Creen que se pueda conectar un PWM (modulacion por ancho de pulso ) con un PFM (modulacion por frecuencia de pulso ) ???? y asi lograr ese proposito o esta mas dificil .....
por q en el pwm modulariamos el ancho del pulso y esa señal se inyectaria a un pfm que nos modularia la frecuencia y en este ultimo el ancho de pulso no se be afectado o si ???
aqui pongo la pag de donde lo lei :             http://r-luis.xbot.es/ebasica2/mcc_04.html

aaaaa y otra cosa que se me pasaba y es muy importamte el circuito es para alimentar a unos soleniodes especiales que por sus caracteristicas asi lo requieren .... consumiria aprox 9 a 11 amperes!!!!!!


----------



## DOSMETROS (Ago 11, 2011)

Creo que en un circuito como este 

http://www.cientificosaficionados.c...p=104610&sid=3cf93b340eb5c6cc317d33cbb163d226

Podés achicar el potenciómetro a 20 K y agregar otro potenciómetro en serie con la resistencia R1 de 1 k.

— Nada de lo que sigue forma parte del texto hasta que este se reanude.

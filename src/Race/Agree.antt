-- ===== src/Race/Agree.antt =====
-- How the phase of `connect`, the status and the connection fit together, and what keeps them so.
use mesquitte_client.Base.{ℕ, ◌⊎◌, inl, inr, ◌≡◌, ◌≢◌, ◌↔◌, refl, Bool, true, false, ◌||◌}
use mesquitte_client.Client.{ConnectStatus, connected, disconnected, connecting}
use mesquitte_client.Race.{Phase, resting, dialing, greeting, spawned, Link, up, over, down, closed}

abbrev pub in_between : Phase → Bool
in_between (spawned _ _) = true
in_between _ = false

-- How phase, status and connection fit together, where `overtook` says that some connection may have ended
-- in between.
abbrev pub Agree : Phase → ConnectStatus → Link → (overtook : Bool) → Type 0
Agree resting connected up _ = Unit {0}
Agree resting connected over _ = Unit
Agree resting connected _ true = Unit
Agree resting disconnected down _ = Unit
Agree resting disconnected closed _ = Unit
Agree (dialing _) connecting closed _ = Unit
Agree (greeting _) connecting closed _ = Unit
Agree (spawned _ _) connecting up _ = Unit
Agree (spawned _ _) connecting over _ = Unit
Agree (spawned _ _) disconnected down true = Unit
Agree (spawned _ _) disconnected closed true = Unit
Agree _ _ _ _ = ⊥

pub begin-Agree :
    (s : ConnectStatus) (l : Link) (o : Bool) (r : ℕ)
    → l ≢ down
    → s ≡ disconnected
    → Agree resting s l o
    → Agree (dialing r) connecting l o
begin-Agree disconnected closed o r free is v = tt
begin-Agree disconnected down o r free is v = absurd (free refl)
begin-Agree disconnected up o r free is v = absurd v
begin-Agree disconnected over o r free is v = absurd v
begin-Agree connected l o r free is v = cc
begin-Agree connecting l o r free is v = cc

-- A call of `connect` that waits has found the connection before cleaned up.
pub dialing-Agree :
    (s : ConnectStatus) (l : Link) (o : Bool) (r : ℕ)
    → Agree (dialing r) s l o
    → (l ≡ closed) × (s ≡ connecting)
dialing-Agree connecting closed o r v = (refl, refl)
dialing-Agree _ _ o r v = absurd v

pub greeting-Agree :
    (s : ConnectStatus) (l : Link) (o : Bool) (r : ℕ)
    → Agree (greeting r) s l o
    → (l ≡ closed) × (s ≡ connecting)
greeting-Agree connecting closed o r v = (refl, refl)
greeting-Agree _ _ o r v = absurd v

pub conclude-Agree :
    (s : ConnectStatus) (l : Link) (o : Bool) (r : ℕ) (session_present : Bool)
    → Agree (spawned r session_present) s l o
    → Agree resting connected l o
conclude-Agree connecting up o r session_present v = tt
conclude-Agree connecting over o r session_present v = tt
conclude-Agree disconnected down true r session_present v = tt
conclude-Agree disconnected closed true r session_present v = tt
conclude-Agree _ _ _ r session_present v = absurd v

pub lose-Agree :
    (p : Phase) (s : ConnectStatus) (o : Bool)
    → Agree p s over o
    → Agree p disconnected down (in_between p || o)
lose-Agree resting connected o v = tt
lose-Agree (spawned r b) connecting o v = tt
lose-Agree (dialing r) connecting o v = absurd v
lose-Agree (greeting r) connecting o v = absurd v
lose-Agree _ _ o v = absurd v

pub end-Agree : (p : Phase) (s : ConnectStatus) (o : Bool) → Agree p s up o → Agree p s over o
end-Agree resting connected o v = tt
end-Agree (spawned r b) connecting o v = tt
end-Agree (dialing r) connecting o v = absurd v
end-Agree (greeting r) connecting o v = absurd v
end-Agree _ _ _ v = absurd v

pub clean-Agree : (p : Phase) (s : ConnectStatus) (o : Bool) → Agree p s down o → Agree p s closed o
clean-Agree resting connected true v = tt
clean-Agree resting disconnected o v = tt
clean-Agree (dialing r) connecting o v = absurd v
clean-Agree (greeting r) connecting o v = absurd v
clean-Agree (spawned r b) disconnected true v = tt
clean-Agree _ _ _ v = absurd v

pub resting_lem :
    (s : ConnectStatus) (l : Link)
    → Agree resting s l false
    → ((s ≡ connected) ↔ ((l ≡ up) ⊎ (l ≡ over))) × (s ≢ connecting)
resting_lem connected up v = ((λ e. inl refl, λ e. refl), λ e. cc)
resting_lem connected over v = ((λ e. inr refl, λ e. refl), λ e. cc)
resting_lem disconnected down v =
    ((λ e. cc, λ e. elim e [ inl up_e ↦ cc | inr over_e ↦ cc ]), λ e. cc)
resting_lem disconnected closed v =
    ((λ e. cc, λ e. elim e [ inl up_e ↦ cc | inr over_e ↦ cc ]), λ e. cc)
resting_lem _ _ v = absurd v

-- `connect` gives up, and there is no connection.
pub given_up : (l : Link) (o : Bool) → l ≡ closed → Agree resting disconnected l o
given_up l o is = rw is tt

Otra posibilidad sería dejar el potenciometro de 50 k , y agregarle otro de 50 k con una resistencia de 10 k , ese conjunto en paralelo con el potenciómetro original , de extremo a extremo.

Otro que también iría es el segundo de aquí :

http://forum.allaboutcircuits.com/showthread.php?t=45746

Quizás habría que agregarle como protección la resistencia de 1k entre la pata 3 y el potenciómetro.

El agregado del segundo potenciómetro es igual al que ya te describí.

Y yo cambiaría la resistencia R2 de 10 k por una de 100 o algo más (para no matar el transistor de descarga de la pata 7).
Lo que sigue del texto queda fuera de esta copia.